In 1978 she published a novella consisting of a series of short (fictitious) letters from Angelina Bellof to the painter Diego Rivera. The book, which carries on the tradition of the epistolary novel as exemplified by “Letters of a Portuguese Nun”, is a work that is extremely rich in moods and nuances; it dispenses with the virtuosity of the French Nouveau Roman and the Latin American Boom de la Nueva Novela, nonetheless opening up new narrative possibilities.
1992 saw the publication of Elena Poniatowska’s “Tinissima”, her most ambitious literary work to date. The novel is a complex, virtuoso treatment of the life of the Italian photographer Tina Modotti, who lived and worked in Mexico in the first half of the 20th century.
Elena Poniatowska has also written shorter essays examining the life and work of famous Mexican woman artists. In 2001 she was awarded the internationally-renowned Alfaguara Prize for her then latest novel, “La piel del cielo”.
Bio
Since 1954 she has worked as a journalist, recording Mexico’s political and social changes in her essays and fictional works.

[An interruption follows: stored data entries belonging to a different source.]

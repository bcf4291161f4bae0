-- ===== src/Runs/Dispatch.antt =====
-- The consumers that turn run.requested, deployment.requested and deployment.stopped into custom
-- resources (internal/runs/dispatch_consumer.go and deployment_consumer.go). The resources of a
-- kind stand under their namespace and name. A handler returns true for nil.
pub mod Isolation
pub mod Redelivery
use ai_lab.Prelude.{
  ◌/◌, Bool, true, false, not, Option, none, some, List, [], ◌∷◌, ◌++◌, if◌then◌else◌, coalesce,
  Text, txt, lookup, insert, delete,
}
use ai_lab.Events.{RunRequested, DeploymentRequested, DeploymentStopped}
use ai_lab.Runs.Resources.{
  unset, AgentRun, AgentDeploymentSpec, AgentDeployment, tenant_label, agent_label,
  tenant_namespace,
}
use ai_lab.Runs.Quota.{QuotaSpec, LimitSpec, UpsertCall, Quotas, ensure_tenant_quotas}

pub record Cluster : Type 0 where
  pub namespaces : List (Text × Unit {0})
  pub quotas : Quotas
  pub runs : List (Text × AgentRun)
  pub deployments : List (Text × AgentDeployment)

-- The key of a namespaced object; a namespace holds no slash.
abbrev pub object_key : Text → Text → Text
object_key ns name = ns ++ (txt "/" ++ name)

-- Whether each call of the API server is served, apart from AlreadyExists and NotFound, which
-- follow from the state; whether the client's cache shows the object that Get asks for, if the server
-- has it; and what the server and json fill in.
pub record DispatchCall : Type 0 where
  pub namespace_ok : Bool
  pub quota : UpsertCall
  pub limit : UpsertCall
  pub create_ok : Bool
  pub get_ok : Bool
  pub is_cached : Bool
  pub update_ok : Bool
  pub delete_ok : Bool
  pub uid : Text

pub record Config : Type 0 where
  pub quota : QuotaSpec
  pub limit : LimitSpec

-- Create of an object; AlreadyExists leaves the one that is there.
abbrev pub create_new {ℓ} : {V : Type ℓ} → Text → V → List (Text × V) → List (Text × V)
create_new k v m = elim (lookup k m) [ none ↦ insert k v m | some old ↦ m ]

-- ensureNamespace of both consumers: AlreadyExists counts as success.
unfoldable pub ensure_namespace : Bool → Text → Cluster → Cluster × Bool
ensure_namespace call_ok name w =
    if call_ok
    then (record w { namespaces = create_new name tt w.namespaces }, true)
    else (w, false)

-- The namespace and its quotas, which both consumers set up first. A failure of the quotas is
-- only logged.
unfoldable pub prepare : Config → DispatchCall → Text → Cluster → Cluster × Bool
unfolding ensure_namespace
prepare cfg c ns w =
    let (w', made) = ensure_namespace c.namespace_ok ns w in
    if not made then (w', false) else (
      record w' {
        quotas = (ensure_tenant_quotas c.quota c.limit ns cfg.quota cfg.limit w'.quotas).0;
      },
      true,
    )

-- The AgentRun of an event, as the API server first stores it.
abbrev pub run_resource : Text → RunRequested → AgentRun
run_resource uid ev = record {
  name = ev.run_id;
  namespace = tenant_namespace ev.tenant_id;
  uid = uid;
  labels = (tenant_label, ev.tenant_id) ∷ (agent_label, ev.agent_id) ∷ [];
  spec = record {
    tenant_id = ev.tenant_id;
    agent_name = ev.agent_id;
    image = ev.image;
    inputs = coalesce ev.inputs [];
    env = [];
    secrets = [];
    secret_ref = ev.secret_ref;
    cpu = [];
    memory = [];
    timeout = [];
    trace_id = ev.trace_id;
  };
  status = record {
    phase = unset;
    job_name = [];
    started_at = none;
    ended_at = none;
    exit_code = none;
    message = [];
  };
}

-- DispatchConsumer.handle, with the decoded event.
unfoldable pub handle_run : Config → DispatchCall → Option RunRequested → Cluster → Cluster × Bool
unfolding prepare
handle_run cfg c none w = (w, false)
handle_run cfg c (some ev) w =
    let ns = tenant_namespace ev.tenant_id in
    let (w', ready) = prepare cfg c ns w in
    if not ready then (w', false) else if not c.create_ok then (w', false) else (
      record w' { runs = create_new (object_key ns ev.run_id) (run_resource c.uid ev) w'.runs },
      true,
    )

abbrev pub deployment_spec : DeploymentRequested → AgentDeploymentSpec
deployment_spec ev = record {
  tenant_id = ev.tenant_id;
  agent_name = ev.agent_id;
  image = ev.image;
  port = ev.port;
  health_path = ev.health_path;
  idle_timeout = [];
  env = [];
  secrets = [];
  secret_ref = ev.secret_ref;
}

abbrev pub deployment_resource : DeploymentRequested → AgentDeployment
deployment_resource ev = record {
  name = ev.agent_name;
  namespace = tenant_namespace ev.tenant_id;
  labels = (tenant_label, ev.tenant_id) ∷ (agent_label, ev.agent_id) ∷ [];
  spec = deployment_spec ev;
  status = record { url = []; ready_replicas = 0; message = [] };
}

-- What Get reads from the client's cache
abbrev pub cached_view {ℓ} : {V : Type ℓ} → Bool → Option V → Option V
cached_view true o = o
cached_view false o = none

-- The Get, and then the Create or the Update of handleRequested. A Create that finds the object there
-- counts as success, and leaves it as it is.
abbrev pub put_deployment : DispatchCall → Text → DeploymentRequested → Cluster → Cluster × Bool
put_deployment c key ev w =
    if not c.get_ok then (w, false) else elim (cached_view c.is_cached (lookup key w.deployments)) [
      | none ↦ if not c.create_ok then (w, false) else (
        record w { deployments = create_new key (deployment_resource ev) w.deployments },
        true,
      )
      | some existing ↦ if not c.update_ok then (w, false) else (
        record w {
          deployments = insert key (record existing { spec = deployment_spec ev }) w.deployments;
        },
        true,
      )
    ]

-- DeploymentDispatchConsumer.handleRequested
unfoldable pub handle_requested :
    Config → DispatchCall → Option DeploymentRequested → Cluster → Cluster × Bool
unfolding prepare
handle_requested cfg c none w = (w, false)
handle_requested cfg c (some ev) w =
    let ns = tenant_namespace ev.tenant_id in
    let (w', ready) = prepare cfg c ns w in
    if not ready then (w', false) else put_deployment c (object_key ns ev.agent_name) ev w'

-- DeploymentDispatchConsumer.handleStopped: NotFound counts as success.
unfoldable pub handle_stopped : DispatchCall → Option DeploymentStopped → Cluster → Cluster × Bool
handle_stopped c none w = (w, false)
handle_stopped c (some ev) w = if not c.delete_ok then (w, false) else (
  record w {
    deployments = delete (object_key (tenant_namespace ev.tenant_id) ev.agent_name) w.deployments;
  },
  true,
)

Her commitment and her efforts to shed light on the murder of students in the great massacre of 1968 have won her great respect and admiration in Mexican society. She has lived in Mexico City for decades, where her essays and articles are published in all the major print media. Tribute has been paid to her work with numerous prizes and honorary titles from various universities. In 2001 she was awarded the international Alfaguara Prize.
Works
Amanecer en el Zócalo. Los 50 días que confrontaron a México
El tren pasa primero
Obras reunidas
The Skin of the Sky
Ay vida, no me mereces!
Mexican Color
Tinisima
Nothing, Nobody : The Voices of the Mexico City Earthquake
Until We Meet Again
Frida Kahlo
Nada, nadie
La Flor de Lis
Moletiques y pasiones
Métase mi prieta entre el durmiente y el silbatazo
El último guajalote
Fuerte es el silenzio
La casa en la tierra
Querido Diego, te abraza Quieta
Massacre in Mexico
La noche de Tlatelolco
Hasta no verte Jesús mío
Todo empezó el domingo
Palabras cruzadas
Melés y Teléo
Lilis Kikus
Merits
1979 National Prize for Journalism.
2001 Premio Alfaguara de Novela.
Elena Poniatowska was also awarded the title of “Doctor Honoris Causa” by the University of Sinaloa, the University of Toluca, the University of Columbia (New York) and the University of Florida (Miami).